Way back in the 1940’s there was a very funny man named Jack Benny. He was a giant star and easily one of the greatest comedians of his generation. And a much younger man named Johnny Carson wanted very much to be Jack Benny. In some ways he was, but in many ways he wasn’t. He emulated Jack Benny, but his own quirks and mannerisms, along with a changing medium, pulled him in a different direction. And yet his failure to completely become his hero made him the funniest person of his generation. David Letterman wanted to be Johnny Carson, and was not, and as a result my generation of comedians wanted to be David Letterman. And none of us are --- my peers and I have all missed that mark in a thousand different ways. But the point is this: It is our failure to become our perceived ideal that ultimately defines us and makes us unique. It’s not easy, but if you accept your misfortune and handle it right, your perceived failure can be a catalyst for profound re-invention.
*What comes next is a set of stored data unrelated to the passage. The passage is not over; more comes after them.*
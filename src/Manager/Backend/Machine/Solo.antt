-- ===== src/Manager/Backend/Machine/Solo.antt =====
-- A task of the Manager that runs alone, with answers of Docker, of the runner and of the clock that a
-- world fixes.
use litellm_gateway.Prelude.{ℕ, String, Bool, true, false, List, [], ◌∷◌, ◌++◌, ◌≡◌, refl}
use litellm_gateway.Prelude.Json.{Fields}
use litellm_gateway.Manager.State.{one_of}
use litellm_gateway.Manager.Program.{
  Program, done, raises, call, Command, stores, reads, looks, docker, runner, clock, loop_time,
  fresh_hex, sleeps, acquires, releases, spawns, Answer, Reply, replied, failed, DockerCall, Told,
  RunnerCall, cancelled,
}
use litellm_gateway.Manager.Backend.{Environment}
use litellm_gateway.Manager.Backend.Machine.{
  perform, find, told_by, System, Possible, moved, spawned, Reachable, moves,
}

pub record World : Type 0 where
  pub on_docker : (d : DockerCall) → Reply (Told d)
  pub on_runner : RunnerCall → Reply Fields
  pub time : ℕ
  pub fresh : String

abbrev entered : Bool → Reply (Unit {0})
entered true = failed cancelled
entered false = replied tt

abbrev answer : World → (c : Command) → System → Answer c
answer w (stores c) s = (perform c s.store).0
answer w (reads q) s = find q s.store
answer w (looks t) s = told_by t s.records
answer w (docker d) s = w.on_docker d
answer w (runner r) s = w.on_runner r
answer w clock s = w.time
answer w loop_time s = w.time
answer w fresh_hex s = w.fresh
answer w sleeps s = replied tt
answer w (acquires k) s = entered (one_of k s.held)
answer w (releases k) s = tt
answer w (spawns t) s = tt

answer-Possible : (w : World) (c : Command) (s : System) → Possible c s (answer w c s)
answer-Possible w (stores c) s = refl
answer-Possible w (reads q) s = refl
answer-Possible w (looks t) s = refl
answer-Possible w (docker d) s = tt
answer-Possible w (runner r) s = tt
answer-Possible w clock s = tt
answer-Possible w loop_time s = tt
answer-Possible w fresh_hex s = tt
answer-Possible w sleeps s = tt
answer-Possible w (releases k) s = tt
answer-Possible w (spawns t) s = tt
answer-Possible w (acquires k) s = if_free (one_of k s.held) refl
  where
    if_free : (b : Bool) → one_of k s.held ≡ b → Possible (acquires k) s (entered b)
    if_free true e = tt
    if_free false e = e

module _ (env : Environment) (w : World) where
  -- The system after the task; the tasks that it started wait.
  unfoldable pub alone : Program (Unit {0}) → System → List (Program (Unit {0})) → System
  alone (done a) s rest = s
  alone (raises e) s rest = s
  alone (call c k) s rest =
      alone (k (answer w c s)) (moved env s c (answer w c s) [] (k (answer w c s)) rest)
        (rest ++ spawned env c)

  pub alone-Reachable :
      (p : Program (Unit {0})) (s : System) (rest : List (Program (Unit {0})))
      → s.tasks ≡ p ∷ rest
      → Reachable env s
      → Reachable env (alone p s rest)
  unfolding alone
  alone-Reachable (done a) s rest e h = h
  alone-Reachable (raises e') s rest e h = h
  alone-Reachable (call c k) s rest e h =
      alone-Reachable (k (answer w c s)) _ (rest ++ spawned env c) refl
        (moves s [] rest c k (answer w c s) e (answer-Possible w c s) h)
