-- ===== src/Examples/Backend.antt =====
-- src/sandbox_manager/docker_backend.py at concrete requests.
use litellm_gateway.Prelude.{
  ℕ, String, Bool, true, false, Option, none, some, List, [], ◌∷◌, ◌++◌, ◌≡◌, refl, sym, inl, inr,
  ◌==◌, In, All,
}
use litellm_gateway.Prelude.Text.{concat}
use litellm_gateway.Prelude.Json.{Json, null, str, obj, Fields, end, dict}
use litellm_gateway.Manager.State.{Sandbox}
use litellm_gateway.Manager.Program.{
  Reply, replied, failed, missing, DockerCall, Told, volume_create, volume_get, volume_remove,
  container_create, container_start, container_reload, container_logs, container_remove,
  container_list, network_get, network_connect, image_get, docker_info, RunnerCall, Program,
}
use mathlib.Core.Path.{subst}
use litellm_gateway.Manager.State.History.{empty}
use litellm_gateway.Manager.Backend.Machine.Histories.{backend_single_writer}
use litellm_gateway.Manager.Settings.{Outside, ManagerSettings}
use litellm_gateway.Manager.Backend.{Environment}
use litellm_gateway.Manager.Backend.Startup.{start_up}
use litellm_gateway.Manager.Backend.Machine.{
  System, Reachable, starts, arrives, creates_sandbox, handle,
}
use litellm_gateway.Manager.Backend.Machine.Solo.{World, alone, alone-Reachable}
use litellm_gateway.Examples.Authorization.{signing}

abbrev outside : Outside
outside = record {
  signing = signing;
  worker_digest = λ secret sandbox_id. concat sandbox_id "==";
  sha256_hex_32 = λ s. s;
  scheme_of = λ url. "http";
  has_host = λ url. true;
}

abbrev settings : ManagerSettings
settings = record {
  worker_token_secret = "secret";
  operation_signing_secret = "k";
  operation_grant_issuer = "adapter";
  workspace_delete_grace_seconds = 60;
  workspace_local_retention_seconds = 60;
  storage_enabled = true;
  storage_ops_image = "ops";
  operation_runtime = "runsc";
  storage_network = "storage";
  publish_spool_volume = "spool";
  artifact_transfer_base_url = "http://artifacts";
  sandbox_image = "worker";
  docker_runtime = "runsc";
  rpc_network = "rpc";
  egress_network = "egress";
  resolv_conf_file = none;
  egress_proxy_url = "http://proxy";
  internal_no_proxy = "";
  worker_port = 8080;
  worker_start_timeout_milliseconds = 1000;
  execution_ttl_seconds = 600;
  memory_limit = "1g";
  nano_cpus = 1;
  pids_limit = 64;
  tmpfs_limit = "64m";
  container_user = "1000";
  codex_command = "codex";
  codex_model = none;
  codex_auth_file = none;
  codex_config_file = none;
  mcp_apps_enabled = false;
}

abbrev pub env : Environment
env = record { outside = outside; settings = settings; has_runner = true }

abbrev healthy : Fields
healthy =
    dict (("State", obj (dict (("Health", obj (dict (("Status", str "healthy") ∷ []))) ∷ []))) ∷ [])

abbrev on_docker : (d : DockerCall) → Reply (Told d)
on_docker (volume_create name labels) = replied tt
on_docker (volume_get name) = failed (missing name)
on_docker (volume_remove name) = replied tt
on_docker (container_create image spec) = replied "container"
on_docker (container_start c) = replied tt
on_docker (container_reload c) = replied ("running", healthy)
on_docker (container_logs c) = replied ""
on_docker (container_remove c) = replied tt
on_docker container_list = replied []
on_docker (network_get name) = replied end
on_docker (network_connect name c) = replied tt
on_docker (image_get name) = replied tt
on_docker docker_info = replied null

abbrev world : World
world = record { on_docker = on_docker; on_runner = λ r. replied end; time = 100; fresh = "a1" }

abbrev started : System
started = record {
  store = empty;
  records = [];
  held = [];
  tasks = handle env (creates_sandbox none) ∷ start_up env ∷ [];
}

started-Reachable :
    Reachable env (alone env world (handle env (creates_sandbox none)) started (start_up env ∷ []))
started-Reachable =
    alone-Reachable env world (handle env (creates_sandbox none)) started (start_up env ∷ []) refl
      (arrives _ (creates_sandbox none) starts)

abbrev created : Sandbox
created = record {
  id = "sandbox_a1";
  workspace_id = "workspace_a1";
  worker_host = "sandbox-worker-a1";
  container_name = "sandbox-worker-a1";
  status = "running";
  created_at = 100;
  expires_at = some 700;
}

sandboxes_created :
    (alone env world
      (handle env (creates_sandbox none))
      started
      (start_up env ∷ [])).store.sandboxes
    ≡ created ∷ []
unfolding alone handle litellm_gateway.Manager.Program.◌>>=◌ litellm_gateway.Manager.Program.◌>>◌
    litellm_gateway.Manager.Program.rescue litellm_gateway.Manager.Program.rescue_if
    litellm_gateway.Manager.Program.suppress litellm_gateway.Manager.Program.finally
    litellm_gateway.Manager.Program.unless litellm_gateway.Manager.Program.when
    litellm_gateway.Manager.Program.each litellm_gateway.Manager.Program.store
    litellm_gateway.Manager.Program.ask litellm_gateway.Manager.Program.look
    litellm_gateway.Manager.Program.dockered litellm_gateway.Manager.Program.runs
    litellm_gateway.Manager.Program.now litellm_gateway.Manager.Program.hex
    litellm_gateway.Manager.Program.sleep litellm_gateway.Manager.Program.spawn
    litellm_gateway.Manager.Program.locked litellm_gateway.Manager.Backend.workspace_volume
    litellm_gateway.Manager.Backend.get_workspace litellm_gateway.Manager.Backend.remove_container
    litellm_gateway.Manager.Backend.Storing.ignore
    litellm_gateway.Manager.Backend.Storing.mark_sandbox_running
    litellm_gateway.Manager.Backend.Storing.delete_unless_used
    litellm_gateway.Manager.Backend.Volumes.ensure_workspace_volume
    litellm_gateway.Manager.Backend.Volumes.volume_exists
    litellm_gateway.Manager.Backend.Volumes.create_runtime_volume
    litellm_gateway.Manager.Backend.Restores.prepare_workspace
    litellm_gateway.Manager.Backend.Restores.prepare_current
    litellm_gateway.Manager.Backend.Restores.without_volume
    litellm_gateway.Manager.Backend.Restores.restore_if_remote
    litellm_gateway.Manager.Backend.Waiting.wait_for_worker
    litellm_gateway.Manager.Backend.Waiting.wait_until
    litellm_gateway.Manager.Backend.Waiting.after_reload
    litellm_gateway.Manager.Backend.Waiting.current_time
    litellm_gateway.Manager.Backend.Waiting.health_status
    litellm_gateway.Manager.Backend.Creation.create
    litellm_gateway.Manager.Backend.Creation.create_in
    litellm_gateway.Manager.Backend.Creation.create_ephemeral
    litellm_gateway.Manager.Backend.Creation.choose_workspace
    litellm_gateway.Manager.Backend.Creation.prepare litellm_gateway.Manager.Backend.Creation.claim
    litellm_gateway.Manager.Backend.Creation.launch
    litellm_gateway.Manager.Backend.Creation.create_container
    litellm_gateway.Manager.Backend.Creation.start_container
    litellm_gateway.Manager.Backend.Creation.record_of
    litellm_gateway.Manager.Backend.Sandboxes.info
    litellm_gateway.Manager.Backend.Sandboxes.worker_api_key
    litellm_gateway.Manager.Backend.Sandboxes.connection
    litellm_gateway.Manager.Backend.Machine.perform litellm_gateway.Manager.Backend.Machine.find
    litellm_gateway.Manager.Backend.Machine.told_by
    litellm_gateway.Manager.Backend.Machine.changed_by
    litellm_gateway.Manager.State.Workspaces.create_workspace
    litellm_gateway.Manager.State.Workspaces.get_workspace
    litellm_gateway.Manager.State.Sandboxes.claim_workspace
    litellm_gateway.Manager.State.Sandboxes.mark_sandbox_running
    litellm_gateway.Prelude.Table.find_by litellm_gateway.Prelude.Table.any_where
    litellm_gateway.Prelude.Table.update_where litellm_gateway.Prelude.Table.count_where
    litellm_gateway.Prelude.Table.delete_where litellm_gateway.Prelude.Text.after_prefix
    litellm_gateway.Prelude.Text.rstrip litellm_gateway.Prelude.Json.get
    litellm_gateway.Prelude.Json.dict
sandboxes_created = refl

abbrev after_creation : System
after_creation = alone env world (handle env (creates_sandbox none)) started (start_up env ∷ [])

created-In : In created after_creation.store.sandboxes
created-In = subst (In created) (sym sandboxes_created) (inl refl)

backend_single_writer_example : created.id ≡ created.id
backend_single_writer_example =
    backend_single_writer env after_creation started-Reachable created created created-In created-In
      refl refl refl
So, at the age of 47, after 25 years of obsessively pursuing my dream, that dream changed. For decades, in show business, the ultimate goal of every comedian was to host The Tonight Show. It was the Holy Grail, and like many people I thought that achieving that goal would define me as successful. But that is not true. No specific job or career goal defines me and it should not define you. In 2000, I told graduates to not be afraid to fail, and I still believe that. But today I tell you that whether you fear it or not, disappointment will come. The beauty is that through disappointment you can gain clarity, and with clarity comes conviction and true originality.
Many of you here today are getting your diploma at this Ivy League school because you have committed yourself to a dream and worked hard to achieve it. And there is no greater cliché in a commencement address than “follow your dream.” Well I am here to tell you that whatever you think your dream is now, it will probably change. And that’s okay. Four years ago, many of you had a specific vision of what your college experience was going to be and who you were going to become. And I bet, today, most of you would admit that your time here was very different from what you imagined. Your roommates changed, your major changed, for some of you your sexual orientation changed. I bet some of you have changed your sexual orientation since I began this speech. I know I have. But through the good and especially the bad, the person you are now is someone you could never have conjured in the fall of 2007.
I have told you many things today, most of it foolish but some of it true. I’d like to end my address by breaking a taboo and quoting myself from 17 months ago. At the end of my final program with NBC, just before signing off, I said “Work hard, be kind, and amazing things will happen. “ Today, receiving this honor and speaking to the Dartmouth Class of 2011 from behind a tree-trunk, I have never believed that more.
Thank you very much, and congratulations.